Cloud 9 Minus One

IN STORES NOW

Sister, Wife, Neta February 16, 2012

This time we have the remarkable distinction of having two women from my apartment building standing for the local elections. The only thing common between them is their gender. One candidate is single, a grassroots activist and a go-getter. The other is a WIFE. That’s all I know about her. Let’s call the former GA (grassroots activist) and the latter OW (only wife). I knew OW as a woman who would do everything her husband wanted her to do. She raised his kids, managed that part of his business for which he had no time, and generally acted as Mrs. Husband in the true sense of the term. Her mister has seen a meteoric rise in his fortune, and I now understand that that is in no small part to his closeness to the politicians at the top. Thus land-grabbing, illegal construction and other activities that are mandatory for anyone to succeed in small and medium enterprise (SME) in India, were taken up with enthusiasm.
GA, on the other hand, is a party loyalist who has worked tirelessly for the small causes that plague any local development. Public transport, water pipelines, hawker zones, none of these issues have escaped GA’s attention. I’ve known her to work on such matters for the last ten years, but it is only now that her talent for organisation and leadership has been recognised and she has been given a ticket. I have no idea who her political mentors are, and I’m not interested in finding out. I don’t much like her political party but she’ll definitely get my vote.

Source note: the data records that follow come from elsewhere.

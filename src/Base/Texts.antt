-- ===== src/Base/Texts.antt =====
-- Text as a list of numbers: the bytes of a Go string, or its runes where the code walks runes.
use Prim.Native.Nat.{ℕ, ◌+◌}
use Prim.Native.Char.{code}
use Prim.Native.String.{String}
use mathlib.Core.Path.{◌≡◌, refl}
use mathlib.Core.Logic.{◌↔◌, inl, inr}
use mathlib.Core.Bool.{Bool, true, false, ◌&&◌, ◌||◌}
use mathlib.Core.List.{List, [], ◌∷◌, ◌++◌}
use mathlib.Core.Option.{Option, none, some}
use native.Mathlib.Omega.{arith}
use markdown_linkerator.Base.Tests.{◌==◌, ltb, leb, if◌then◌else◌, Bool-cases, Option-cases}
use markdown_linkerator.Base.Lists.{length}

abbrev pub Text : Type 0
Text = List ℕ

-- The codes of a literal: its bytes, where it is ASCII.
abbrev pub text : String → Text
text String.[] = []
text (String.◌∷◌ c s) = code c ∷ text s

unfoldable pub text_eq : Text → Text → Bool
text_eq [] [] = true
text_eq (x ∷ xs) (y ∷ ys) = x == y && text_eq xs ys
text_eq _ _ = false

pub text_eq_iff : (a b : Text) → (text_eq a b ≡ true) ↔ (a ≡ b)
unfolding text_eq
text_eq_iff (x ∷ a) (y ∷ b) = ground (arith, text_eq_iff a b)
text_eq_iff _ _ = ground arith

pub text_eq_refl : (a : Text) → text_eq a a ≡ true
text_eq_refl a = (text_eq_iff a a).1 refl

-- Go's `<` on strings: the order of bytes, from the left.
unfoldable pub text_lt : Text → Text → Bool
text_lt a [] = false
text_lt [] (y ∷ ys) = true
text_lt (x ∷ xs) (y ∷ ys) = ltb x y || (x == y && text_lt xs ys)

pub text_lt_irrefl : (a : Text) → text_lt a a ≡ false
unfolding text_lt
text_lt_irrefl [] = refl
text_lt_irrefl (x ∷ a) = ground (arith, text_lt_irrefl a)

pub text_lt_trans : (a b c : Text) → text_lt a b ≡ true → text_lt b c ≡ true → text_lt a c ≡ true
unfolding text_lt
text_lt_trans [] (y ∷ b) (z ∷ c) h k = refl
text_lt_trans (x ∷ a) (y ∷ b) (z ∷ c) h k = ground (arith, text_lt_trans a b c)
text_lt_trans a b [] h k = ground arith
text_lt_trans a [] (z ∷ c) h k = ground arith

pub text_lt_total : (a b : Text) → text_lt a b ≡ false → text_lt b a ≡ false → a ≡ b
unfolding text_lt
text_lt_total [] [] h k = refl
text_lt_total [] (y ∷ b) h k = ground arith
text_lt_total (x ∷ a) [] h k = ground arith
text_lt_total (x ∷ a) (y ∷ b) h k = ground (arith, text_lt_total a b)

-- strings.HasPrefix
unfoldable pub has_prefix : Text → Text → Bool
has_prefix s [] = true
has_prefix [] (p ∷ ps) = false
has_prefix (c ∷ s) (p ∷ ps) = c == p && has_prefix s ps

-- strings.HasPrefix is exactly "the text is the prefix and something behind it".
pub has_prefix_split : (s p : Text) → has_prefix s p ≡ true → (r : Text) × (s ≡ p ++ r)
unfolding has_prefix
has_prefix_split s [] h = (s, refl)
has_prefix_split [] (p ∷ ps) h = absurd (ground arith)
has_prefix_split (c ∷ s) (p ∷ ps) h =
    let (r, e) = has_prefix_split s ps (ground arith) in (r, ground arith)

pub has_prefix-append : (p r : Text) → has_prefix (p ++ r) p ≡ true
unfolding has_prefix
has_prefix-append [] r = refl
has_prefix-append (c ∷ p) r = ground (arith, has_prefix-append p r)

-- strings.TrimSuffix: what stands before the suffix, if the text ends with it.
unfoldable pub before_suffix : Text → Text → Option Text
unfolding text_eq
before_suffix [] suffix = if text_eq [] suffix then some [] else none
before_suffix (c ∷ s) suffix =
    if text_eq (c ∷ s) suffix
    then some []
    else elim (before_suffix s suffix) [ none ↦ none | some r ↦ some (c ∷ r) ]

abbrev pub has_suffix : Text → Text → Bool
has_suffix s suffix = elim (before_suffix s suffix) [ none ↦ false | some _ ↦ true ]

abbrev pub trim_suffix : Text → Text → Text
trim_suffix s suffix = elim (before_suffix s suffix) [ none ↦ s | some r ↦ r ]

pub before_suffix-append : (s suffix r : Text) → before_suffix s suffix ≡ some r → s ≡ r ++ suffix
unfolding before_suffix
before_suffix-append [] suffix r h = ground (arith, text_eq_iff [] suffix)
before_suffix-append (c ∷ s) suffix r h =
    let step = λ (q : Text). before_suffix-append s suffix q in
    elim (Bool-cases (text_eq (c ∷ s) suffix)) [
      | inl e ↦ ground (arith, text_eq_iff (c ∷ s) suffix)
      | inr e ↦ elim (Option-cases (before_suffix s suffix)) [
        | inl n ↦ ground arith
        | inr (q, p) ↦ ground (arith, step q p)
      ]
    ]

-- The ASCII part of strings.ToLower.
unfoldable pub lower_code : ℕ → ℕ
lower_code c = if leb b'A' c && leb c b'Z' then c + 32 else c

unfoldable pub to_lower : Text → Text
unfolding lower_code
to_lower [] = []
to_lower (c ∷ s) = lower_code c ∷ to_lower s

pub to_lower_idem : (s : Text) → to_lower (to_lower s) ≡ to_lower s
unfolding to_lower
to_lower_idem [] = refl
to_lower_idem (c ∷ s) = ground (arith, to_lower_idem s)

pub length-to_lower : (s : Text) → length (to_lower s) ≡ length s
unfolding to_lower
length-to_lower [] = refl
length-to_lower (c ∷ s) = omega (arith, length-to_lower s)

-- strings.EqualFold, over ASCII.
unfoldable pub equal_fold : Text → Text → Bool
unfolding to_lower text_eq
equal_fold a b = text_eq (to_lower a) (to_lower b)

pub text_lt_asymm : (a b : Text) → text_lt a b ≡ true → text_lt b a ≡ false
unfolding text_lt
text_lt_asymm [] (y ∷ b) h = refl
text_lt_asymm (x ∷ a) (y ∷ b) h = ground (arith, text_lt_asymm a b)
text_lt_asymm a [] h = ground arith

pub text_lt_not_trans :
    (a b c : Text) → text_lt b a ≡ false → text_lt c b ≡ false → text_lt c a ≡ false
unfolding text_lt
text_lt_not_trans [] b c h k = refl
text_lt_not_trans (x ∷ a) [] c h k = absurd (ground arith)
text_lt_not_trans (x ∷ a) (y ∷ b) [] h k = absurd (ground arith)
text_lt_not_trans (x ∷ a) (y ∷ b) (z ∷ c) h k = ground (arith, text_lt_not_trans a b c)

OW, on the other hand, is an unknown entity in the field of politics, and has no business getting a ticket. But perhaps this is the way her party has of rewarding her husband for whatever he has done for his party, none of which looks very legal, helpful or substantial to me, the voter.

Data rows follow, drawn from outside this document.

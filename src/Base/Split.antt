-- ===== src/Base/Split.antt =====
-- Searching, cutting and replacing in texts, as Go's package strings does it.
use Prim.Native.Nat.{ℕ, zero, suc, ◌-◌}
use mathlib.Core.Path.{◌≡◌, refl}
use mathlib.Core.Logic.{inl, inr}
use mathlib.Core.Bool.{Bool, true, false, ◌||◌}
use mathlib.Core.List.{List, [], ◌∷◌, ◌++◌}
use mathlib.Core.Option.{Option, none, some}
use native.Mathlib.Omega.{arith}
use markdown_linkerator.Base.Tests.{◌==◌, if◌then◌else◌, Bool-cases}
use markdown_linkerator.Base.Lists.{length}
use markdown_linkerator.Base.Texts.{Text, text_eq, has_prefix}

unfoldable pub mem_text : Text → List Text → Bool
mem_text a [] = false
mem_text a (b ∷ bs) = text_eq a b || mem_text a bs

-- `strings.Split` by one character: never empty.
unfoldable pub split_rest : ℕ → Text → Text × List Text
split_rest sep [] = ([], [])
split_rest sep (c ∷ s) =
    let rest = split_rest sep s in if c == sep then ([], rest.0 ∷ rest.1) else (c ∷ rest.0, rest.1)

abbrev pub split : ℕ → Text → List Text
split sep s = let r = split_rest sep s in r.0 ∷ r.1

-- What stands before the first `sep`.
unfoldable pub before_char : ℕ → Text → Text
before_char sep [] = []
before_char sep (c ∷ s) = let rest = before_char sep s in if c == sep then [] else c ∷ rest

-- What stands after the last `sep`.
unfoldable pub after_last : ℕ → Text → Option Text
after_last sep [] = none
after_last sep (c ∷ s) = elim (after_last sep s) [
  | some d ↦ some d
  | none ↦ if c == sep then some s else none
]

-- The pieces of a split, put together again with the separator between them.
unfoldable pub join_rest : ℕ → Text → List Text → Text
join_rest sep p [] = p
join_rest sep p (q ∷ qs) = p ++ (sep ∷ join_rest sep q qs)

join_rest_cons :
    (sep c : ℕ) (p : Text) (qs : List Text) → join_rest sep (c ∷ p) qs ≡ c ∷ join_rest sep p qs
unfolding join_rest
join_rest_cons sep c p [] = refl
join_rest_cons sep c p (q ∷ qs) = refl

-- Splitting loses nothing, and no piece holds the separator.
pub split_rest-join :
    (sep : ℕ) (s : Text) → join_rest sep (split_rest sep s).0 (split_rest sep s).1 ≡ s
unfolding split_rest join_rest
split_rest-join sep [] = refl
split_rest-join sep (c ∷ s) = elim (Bool-cases (c == sep)) [
  | inl e ↦ ground (arith, split_rest-join sep s)
  | inr e ↦
      ground (
        arith,
        split_rest-join sep s,
        join_rest_cons sep c (split_rest sep s).0 (split_rest sep s).1,
      )
]

-- `strings.ReplaceAll(s, old, with)` for an `old` that is not empty; `k` characters are left of the
-- occurrence that was just replaced.
unfoldable pub replace_from : Text → Text → ℕ → Text → Text
replace_from old with k [] = []
replace_from old with (suc k) (c ∷ s) = replace_from old with k s
replace_from old with zero (c ∷ s) = elim (has_prefix (c ∷ s) old) [
  | true ↦ with ++ replace_from old with (length old - 1) s
  | false ↦ c ∷ replace_from old with 0 s
]

abbrev pub replace_all : Text → Text → Text → Text
replace_all old with s = replace_from old with 0 s

unfoldable pub has_char : ℕ → Text → Bool
has_char x [] = false
has_char x (c ∷ s) = c == x || has_char x s

-- `strings.IndexByte`, where `none` stands for -1.
unfoldable pub index_char : ℕ → Text → Option ℕ
index_char x [] = none
index_char x (c ∷ s) =
    let rest = index_char x s in
    if c == x then some zero else elim rest [ none ↦ none | some i ↦ some (suc i) ]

In our country, OW is the norm and GA the exception where women politicians are concerned. Starting right from the top, it is the OW’s or their counterparts, the OS’s (only sister), who have a chance of entering politics. Is this a good thing? Unlikely. There’s a lot of talk of female empowerment in governance, but such a rosy picture will emerge only if women rise to the top on their own merit, and not as adjuncts to their male protectors. Then all we get are women like the OW in my neighbourhood, political ingénues who are there only because of their husbands, who know nothing of governance, and perhaps don’t have the brains to learn either. At the end of the day, I think I’ll prefer to cast my vote for Mayawati, not Sonia Gandhi.